Vimy Ridge is an unusually prominent, nine-kilometre-long escarpment rising amid the open countryside north of the town of Arras. To the north and east of the ridge are the Douai plain and the important coal mining city of Lens – in 1917 both were occupied by Germany. To the west and south were the British lines and unoccupied France. German forces had been entrenched on the heights of the ridge since nearly the beginning of the war in 1914, despite several attempts to dislodge them. More than 100,000 French soldiers had been killed and wounded in previous efforts to recapture the ridge.  
    
France ceded to Canada perpetual use of a portion of land on Vimy Ridge on the understanding that Canada use the land to establish a battlefield park and memorial. Wartime tunnels, trenches, craters, and unexploded munitions still honeycomb the grounds of the site, which remains largely closed off for reasons of public safety. Along with preserved trench lines, several other memorials and cemeteries are contained within the park.

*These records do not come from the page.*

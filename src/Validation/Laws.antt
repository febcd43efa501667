-- ===== src/Validation/Laws.antt =====
-- What a validated value is free of, and what an error reports.
use che_machine_exec.Common.{
  ℕ, ◌≡◌, refl, ◌↔◌, inl, inr, ◌||◌, Text, codes, has_prefix, contains, Bool, false, List, [], ◌∷◌,
  none, arith, ◌==◌, All, Bool-cases,
}
use che_machine_exec.Validation.{check_chars, validate_no_shell_metacharacters}

abbrev pub mem_char : Text → ℕ → Bool
mem_char [] c = false
mem_char (d ∷ ds) c = c == d || mem_char ds c

-- A character that a shell reads as more than itself, or that starts a new command.
abbrev metacharacters : Text
metacharacters = codes "$`;|&><\n\r\"'\\!*?[]{}()"

abbrev pub is_metacharacter : ℕ → Bool
is_metacharacter = mem_char metacharacters

abbrev singles : Text → List Text
singles [] = []
singles (d ∷ ds) = (d ∷ []) ∷ singles ds

-- No character of `s` is one of `ds`.
abbrev pub IsFree : Text → Text → Type 0
IsFree ds s = All (λ c. mem_char ds c ≡ false) s

IsFree-nil : (s : Text) → IsFree [] s
IsFree-nil [] = tt
IsFree-nil (x ∷ s) = (refl, IsFree-nil s)

contains-IsFree :
    (d : ℕ) (ds s : Text) → contains s (d ∷ []) ≡ false → IsFree ds s → IsFree (d ∷ ds) s
unfolding contains has_prefix
contains-IsFree d ds [] h k = tt
contains-IsFree d ds (x ∷ s) h k = (ground arith, contains-IsFree d ds s (ground arith) k.1)

IsFree-contains :
    (d : ℕ) (ds s : Text) → IsFree (d ∷ ds) s → (contains s (d ∷ []) ≡ false) × IsFree ds s
unfolding contains has_prefix
IsFree-contains d ds [] k = (refl, tt)
IsFree-contains d ds (x ∷ s) k =
    let rest = IsFree-contains d ds s k.1 in (ground arith, (ground arith, rest.1))

check_chars_iff : (ds s f : Text) → (check_chars (singles ds) s f ≡ none) ↔ IsFree ds s
unfolding check_chars
check_chars_iff [] s f = (λ _. IsFree-nil s, λ _. refl)
check_chars_iff (d ∷ ds) s f = (
  λ h. elim (Bool-cases (contains s (d ∷ []))) [
    | inl e ↦ absurd (ground arith)
    | inr e ↦ contains-IsFree d ds s e ((check_chars_iff ds s f).0 (rw e at h))
  ],
  λ k. let (e, free) = IsFree-contains d ds s k in rw e ((check_chars_iff ds s f).1 free),
)

-- The check accepts a value, under any field name, exactly when no character of the value is a
-- shell metacharacter.
pub validate_iff :
    (value field_name : Text)
    → (validate_no_shell_metacharacters value field_name ≡ none)
      ↔ All (λ c. is_metacharacter c ≡ false) value
unfolding validate_no_shell_metacharacters
validate_iff [] field_name = (λ _. tt, λ _. refl)
validate_iff (c ∷ value) field_name = check_chars_iff metacharacters (c ∷ value) field_name
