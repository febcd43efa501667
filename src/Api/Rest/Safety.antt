-- ===== src/Api/Rest/Safety.antt =====
-- What the handlers let through to the exec manager.
use che_machine_exec.Common.{
  ◌≡◌, refl, ◌∙◌, subst, ap, inl, inr, Text, codes, is_empty, false, none, [], ◌∷◌, ok, All,
  Bool-cases, Option-cases, Result-cases,
}
use che_machine_exec.Validation.{validate_no_shell_metacharacters}
use che_machine_exec.Validation.Laws.{is_metacharacter, validate_iff}
use che_machine_exec.Api.Auth.{AuthConfig, token_of}
use che_machine_exec.Api.Auth.Laws.{IsAuthorized, token_of-IsAuthorized}
use che_machine_exec.Api.Rest.{
  Response, Request, InitConfigParams, ResolvedExec, Services, Call, resolves, creates_kube_config,
  is_cross_site, check_names, prepare, or_developer, with_kube_config, with_exec, send_exec,
  handle_init, handle_kube_config,
}

-- No character of the text is a shell metacharacter.
abbrev pub IsFree : Text → Type 0
IsFree s = All (λ c. is_metacharacter c ≡ false) s

-- The token is the one of the request, and it is authorized.
abbrev pub HasToken : AuthConfig → Request → Text → Type 0
HasToken c r token = (token_of c r.headers ≡ ok token) × IsAuthorized c token

-- A call with the token of an authorized request, which no cross-site form can send. The names in it
-- hold no shell metacharacter.
abbrev pub IsSafe : AuthConfig → Request → Call → Type 0
IsSafe c r (resolves container token) = HasToken c r token × (is_cross_site r.content_type ≡ false)
IsSafe c r (creates_kube_config p info) =
    HasToken c r p.bearer_token
    × (is_cross_site r.content_type ≡ false)
    × IsFree p.username
    × IsFree p.namespace

check_names-IsFree :
    (s : Services) (p : InitConfigParams)
    → check_names s p ≡ none
    → IsFree p.username × IsFree p.namespace
unfolding check_names
check_names-IsFree s p h =
    elim (Option-cases (validate_no_shell_metacharacters p.username (codes "username"))) [
      | inr (f, e) ↦ absurd (cc (rw (e, check_names) at h))
      | inl e ↦
          elim (Option-cases (validate_no_shell_metacharacters p.namespace (codes "namespace"))) [
            | inr (f, d) ↦ absurd (cc (rw (e, check_names, d) at h))
            | inl d ↦ (
              (validate_iff p.username (codes "username")).0 e,
              (validate_iff p.namespace (codes "namespace")).0 d,
            )
          ]
    ]

prepare-safe :
    (c : AuthConfig) (s : Services) (r : Request) (token : Text) (p : InitConfigParams)
    → prepare c s r ≡ ok (token, p)
    → HasToken c r token
      × (is_cross_site r.content_type ≡ false)
      × IsFree p.username
      × IsFree p.namespace
unfolding prepare
prepare-safe c s r token p h = elim (Result-cases (token_of c r.headers)) [
  | inl (e, k) ↦ absurd (cc (rw (k, prepare) at h))
  | inr (t, k) ↦ elim (Bool-cases (is_cross_site r.content_type)) [
    | inl x ↦ absurd (cc (rw (k, prepare, x) at h))
    | inr x ↦ elim (Option-cases r.body) [
      | inl b ↦ absurd (cc (rw (k, prepare, x, b) at h))
      | inr (q, b) ↦ elim (Option-cases (check_names s q)) [
        | inr (m, n) ↦ absurd (cc (rw (k, prepare, x, b, n) at h))
        | inl n ↦
            let same : ok (t, q) ≡ ok (token, p) = rw (k, prepare, x, b, n) at h in
            let free = check_names-IsFree s q n in
            let passed : token_of c r.headers ≡ ok token = k ∙ ap ok (cc same) in
            let body : q ≡ p = cc same in
            (
              (passed, token_of-IsAuthorized c r.headers token passed),
              x,
              subst (λ (b' : InitConfigParams). IsFree b'.username) body free.0,
              subst (λ (b' : InitConfigParams). IsFree b'.namespace) body free.1,
            )
      ]
    ]
  ]
]

or_developer-IsFree : (username : Text) → IsFree username → IsFree (or_developer username)
unfolding is_empty
or_developer-IsFree [] h =
    (refl, (refl, (refl, (refl, (refl, (refl, (refl, (refl, (refl, tt)))))))))
or_developer-IsFree (c ∷ username) h = h

with_exec-IsSafe :
    (c : AuthConfig) (s : Services) (r : Request) (token : Text) (p : InitConfigParams)
    (finish : ResolvedExec → Response → Response)
    → HasToken c r token
    → is_cross_site r.content_type ≡ false
    → IsFree p.username
    → IsFree p.namespace
    → All (IsSafe c r) (with_exec s token p finish).calls
unfolding with_exec with_kube_config
with_exec-IsSafe c s r token p finish t x u n =
    elim (Result-cases (s.resolve p.container_name token)) [
      | inl (e, k) ↦ rw (k, All, with_exec) ((t, x), tt)
      | inr (e, k) ↦
          rw (k, All, with_exec) ((t, x), ((t, x, or_developer-IsFree p.username u, n), tt))
    ]

handle_init-IsSafe :
    (c : AuthConfig) (s : Services) (r : Request) → All (IsSafe c r) (handle_init c s r).calls
unfolding handle_init
handle_init-IsSafe c s r = elim (Result-cases (prepare c s r)) [
  | inl (e, k) ↦ rw (k, All, handle_init) tt
  | inr ((token, p), k) ↦
      let (t, x, u, n) = prepare-safe c s r token p k in
      rw (k, All, handle_init) (with_exec-IsSafe c s r token p (send_exec s) t x u n)
]

handle_kube_config-IsSafe :
    (c : AuthConfig) (s : Services) (r : Request)
    → All (IsSafe c r) (handle_kube_config c s r).calls
unfolding handle_kube_config
handle_kube_config-IsSafe c s r = elim (Result-cases (prepare c s r)) [
  | inl (e, k) ↦ rw (k, All, handle_kube_config) tt
  | inr ((token, p), k) ↦
      let (t, x, u, n) = prepare-safe c s r token p k in
      elim (Bool-cases (is_empty p.container_name)) [
        | inl e ↦ rw (k, All, handle_kube_config, e) tt
        | inr e ↦
            rw (k, All, handle_kube_config, e)
              (with_exec-IsSafe c s r token p (λ e response. response) t x u n)
      ]
]

-- Both handlers call the exec manager only with the token of the request, and, when authentication is
-- on, only if the cluster says that it belongs to the user of the workspace; only for a content type that no
-- cross-site form can send; and for a kubeconfig only with a user name and a namespace without shell
-- metacharacters.
pub handlers-IsSafe :
    (c : AuthConfig) (s : Services) (r : Request)
    → All (IsSafe c r) (handle_init c s r).calls × All (IsSafe c r) (handle_kube_config c s r).calls
handlers-IsSafe c s r = (handle_init-IsSafe c s r, handle_kube_config-IsSafe c s r)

Although the battle is not generally considered Canada's greatest military achievement, the image of national unity and achievement imbued the battle with considerable national significance for Canada. According to Pierce, "the historical reality of the battle has been reworked and reinterpreted in a conscious attempt to give purpose and meaning to an event that came to symbolize Canada's coming of age as a nation." The idea that Canada's identity and nationhood were born out of the battle is an opinion that is widely held in military and general histories of Canada. The battle was the largest territorial advance of any Allied Force to that point in the war – but it would mean little to the outcome of the conflict. More than 10,500 Canadians were killed and wounded in the assault. Today an iconic white memorial atop of the ridge honours the 11285 Canadians killed in France throughout the war who have no known graves. The trip to France included wearing red jackets and throughout Justines’s trip the people encountered were extremely hospitable and welcomed Canadians openly.  They obviously were Canadian and even encountered some friendly Australians who discussed the Memorial as well as the poem In Flanders Field by John McCrae.
 
Walley Jarvis thanked Justine on behalf of the Club for the informative presentation.
 
Closing: We joined together in a Moment of Silence in Memory of those who have served to protect us and those that have paid the supreme sacrifice for all Canadians.